Why this belongs here

A portfolio can become too focused on output. Including friends and community makes the archive feel more honest: work is shaped by care, context, taste, and the everyday people who make a life feel specific.

People who sharpen the work

Some friends are the first readers, the first testers, and the people who can tell when an idea is becoming too complicated. They help by reacting honestly, noticing what feels off, and reminding the work to stay human.

People who expand the reference world

A good circle brings in books, tools, restaurants, exhibitions, screenshots, songs, habits, and small observations that would not appear in a formal research plan. Those references quietly shape the tone of the work.

People who make room for a life outside work

Friends also matter because not everything has to become productive. Walks, meals, messages, and shared rituals make the rest of the archive possible by keeping the person behind it grounded.

Work projects

A place for focused professional projects: product surfaces, internal tools, workflow improvements, design explorations, and shipped details that needed both taste and practical judgment. Each project can be added as a short title and description before becoming a fuller case study.

Professional work

Work projects are where constraints become useful. They involve other people, existing systems, business needs, technical limits, and deadlines. Li-Chin's role in these projects is to make the work clearer without flattening what makes it complex.

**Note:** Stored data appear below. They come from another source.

-- ===== src/Handler/Attempt.antt =====
-- internal/handlerattempt/handlerattempt.go: one attempt to handle a changed file.
pub mod Outcome
use baamhackl.Base.{
  ℕ, Bool, true, false, not, ◌&&◌, ◌||◌, Option, none, some, List, [], ◌∷◌, ◌++◌, inl, inr, ◌==◌,
  if◌then◌else◌,
}
use baamhackl.Waryio.{
  FilePath, FileInfo, IoError, vanished, not_regular, Result, is_not_exist, describe_changes,
  is_empty, changes_err,
}

-- What an attempt calls: os.Lstat; the Run of its handlercommand.Command; and MoveToArchive of the
-- journal, which fails or returns the new path.
pub record Calls (W : Type 0) : Type 0 where
  pub lstat : W → FilePath → Result FileInfo
  pub run_command : W → W × Option IoError
  pub move_to_archive : W → FilePath → Bool → W × Result FilePath

-- Options, less the logger, the metrics and what only the command reads.
pub record Options (W : Type 0) : Type 0 where
  pub changed_file : FilePath
  pub final : Bool
  pub acquire_lock : Option (W → W)

-- An error that may hold several, as multierr combines them; nil is the empty list.
abbrev pub Errors : Type 0
Errors = List IoError

-- multierr.AppendInto
unfoldable pub append_into : Errors → Option IoError → Errors
append_into es none = es
append_into es (some e) = es ++ e ∷ []

abbrev pub is_nil : Option IoError → Bool
is_nil none = true
is_nil (some e) = false

-- The error of a result.
abbrev pub err_of : {A : Type 0} → Result A → Option IoError
err_of (inl e) = some e
err_of (inr a) = none

-- validateChangedFile
unfoldable pub validate_changed_file : {W : Type 0} → Calls W → W → FilePath → Result FileInfo
unfolding is_not_exist
validate_changed_file calls w path = elim (calls.lstat w path) [
  | inl e ↦ if is_not_exist e then inl vanished else inl e
  | inr fi ↦ if fi.file_type == 0 then inr fi else inl (not_regular fi.file_type)
]

-- Run from the command to the lock.
unfoldable pub run_and_lock : {W : Type 0} → Calls W → Options W → W → W × Option IoError
run_and_lock calls opts w =
    let (w1, command_err) = calls.run_command w in
    (elim opts.acquire_lock [ none ↦ w1 | some lock ↦ lock w1 ], command_err)

-- Run after the lock is held, with the file's information from before the command. The results are
-- Run's: whether the failure is permanent, and the errors.
unfoldable pub finish :
    {W : Type 0} → Calls W → Options W → FileInfo → W → Option IoError → W × Bool × Errors
unfolding append_into is_not_exist is_empty changes_err describe_changes
finish calls opts stat_before w command_err =
    let combined_err = append_into [] command_err in
    let success = is_nil command_err in
    elim (calls.lstat w opts.changed_file) [
      | inl e ↦ (
        w,
        is_not_exist e,
        if success && is_not_exist e then combined_err else append_into combined_err (some e),
      )
      | inr stat_after ↦
          let changes = describe_changes stat_before stat_after in
          let (w', moved) = calls.move_to_archive w opts.changed_file success in
          if not (is_empty changes)
          then (w, false, append_into combined_err (changes_err changes))
          else if success || opts.final
          then (w', false, append_into combined_err (err_of moved))
          else (w, false, combined_err)
    ]

-- Run
unfoldable pub run : {W : Type 0} → Calls W → Options W → W → W × Bool × Errors
unfolding validate_changed_file run_and_lock finish
run calls opts w = elim (validate_changed_file calls w opts.changed_file) [
  | inl e ↦ (w, true, e ∷ [])
  | inr stat_before ↦
      let (w', command_err) = run_and_lock calls opts w in
      finish calls opts stat_before w' command_err
]
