-- ===== src/Prune.antt =====
-- internal/prune/prune.go: the removal of old entries from a directory. The file system is a state `W`.
-- Logging is left out.
pub mod Removal
mod Tests
use baamhackl.Base.{
  ℕ, Bool, true, false, not, ◌&&◌, Option, none, some, List, [], ◌∷◌, inl, inr, ltb, ◌==◌,
  if◌then◌else◌,
}
use baamhackl.FilePaths.{same_name}
use baamhackl.Waryio.{FilePath, FileInfo, IoError, Result, is_not_exist}
use baamhackl.Handler.Attempt.{Errors, append_into}

-- An entry of the directory: os.FileInfo with its name.
pub record Entry : Type 0 where
  pub name : FilePath
  pub info : FileInfo

-- AcceptFunc
abbrev pub AcceptFunc : Type 0
AcceptFunc = FilePath → FileInfo → Bool

-- lockName, ".prune.lock".
abbrev pub lock_name : FilePath
lock_name = 46 ∷ 112 ∷ 114 ∷ 117 ∷ 110 ∷ 101 ∷ 46 ∷ 108 ∷ 111 ∷ 99 ∷ 107 ∷ []

-- MakeAgeFilter, where `extract` is ExtractTime with the options: an instant, 0 for the zero Time.
unfoldable pub make_age_filter : ℕ → (FilePath → Result ℕ) → AcceptFunc
make_age_filter deadline extract name fi =
    let by_name : Bool = elim (extract name) [
      | inr ts ↦ not (ts == 0) && ltb ts deadline
      | inl e ↦ true
    ] in
    if ltb deadline fi.mod_time then false else by_name

-- What a Pruner calls, with its directory in them: ReadDir, RemoveAll, the error of the context once
-- it is done, and TryLock and Close of the lock.
pub record Calls (W : Type 0) : Type 0 where
  pub read_dir : W → Result (List Entry)
  pub remove_all : W → FilePath → W × Option IoError
  pub context_err : W → Option IoError
  pub try_lock : W → W × Result Bool
  pub close_lock : W → W × Option IoError

-- An error that is to be reported.
unfoldable pub removal_err : Option IoError → Option IoError
unfolding is_not_exist
removal_err none = none
removal_err (some e) = if is_not_exist e then none else some e

-- The loop of runLocked.
unfoldable pub remove_entries :
    {W : Type 0} → Calls W → AcceptFunc → List Entry → W → Errors → W × Errors
unfolding same_name removal_err append_into
remove_entries calls accept [] w errs = (w, errs)
remove_entries calls accept (fi ∷ entries) w errs =
    let (w', err) = calls.remove_all w fi.name in
    let removed = remove_entries calls accept entries w' (append_into errs (removal_err err)) in
    let kept = remove_entries calls accept entries w errs in
    elim (calls.context_err w) [
      | some e ↦ (w, append_into errs (some e))
      | none ↦ if not (same_name fi.name lock_name) && accept fi.name fi.info then removed else kept
    ]

-- runLocked
unfoldable pub run_locked : {W : Type 0} → Calls W → AcceptFunc → W → W × Errors
unfolding remove_entries
run_locked calls accept w = elim (calls.read_dir w) [
  | inl e ↦ (w, e ∷ [])
  | inr entries ↦ remove_entries calls accept entries w []
]

-- Run; `other` holds ErrUnavailable.
unfoldable pub run : {W : Type 0} → Calls W → AcceptFunc → IoError → W → W × Errors
unfolding run_locked append_into
run calls accept unavailable w =
    let (w1, locked) = calls.try_lock w in
    let (w2, errs) = run_locked calls accept w1 in
    let (w3, close_err) = calls.close_lock w2 in
    elim locked [
      | inl e ↦ (w1, e ∷ [])
      | inr false ↦ (w1, unavailable ∷ [])
      | inr true ↦ (w3, append_into errs close_err)
    ]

The strongest work project descriptions should explain the situation, the decision-making, and the result. What was confusing before? What needed to be protected? What changed after the project? What did the team learn?

How to read this section

For now, this section is organized as a set of project categories. Each category can become a dedicated case study when there are screenshots, metrics, prototypes, or notes ready to publish.

Product interface explorations

Projects in this group focus on how a product explains itself: page structure, information hierarchy, empty states, settings, forms, and the small pieces of language that make an interface feel less ambiguous.

Workflow and tooling improvements

These are projects that help people move faster through repeated work. They may be small internal tools, better defaults, cleaner handoff documents, or prototypes that make a process easier to understand.

Design system and UI refinement

This area holds the quiet craft of product design: spacing, components, visual consistency, interaction states, accessibility, and the rules that help a product feel coherent across many screens.

Hobby projects

A softer collection of personal experiments: small apps, visual studies, writing systems, food or travel notes, playful prototypes, and anything made because curiosity needed somewhere to go. These projects do not need to justify themselves the same way work projects do.

Projects outside the job description

Hobby projects are allowed to be unfinished, strange, useful only to one person, or built for the pleasure of trying something. They show a different kind of judgment: what Li-Chin notices when no one has assigned a brief.

This section can hold lightweight notes before anything becomes polished. A project can start as a paragraph, a screenshot, a snippet, or a small description of what made it interesting.

Why keep them here

Personal projects make the archive more alive. They show taste forming in public, interests changing over time, and the small experiments that often teach more than large formal projects.

Personal tools

Small utilities and experiments built to make daily life smoother: trackers, dashboards, notes, templates, or tiny interfaces that solve a personal annoyance well enough to keep using.

Creative studies

Visual, writing, and interaction experiments that explore mood rather than efficiency. These can be sketches, prototypes, layouts, motion studies, or fragments that might become something larger later.

Life archives

A place for the informal record: meals, trips, photos, playlists, saved references, and the ordinary details that make the portfolio feel like it belongs to a real person.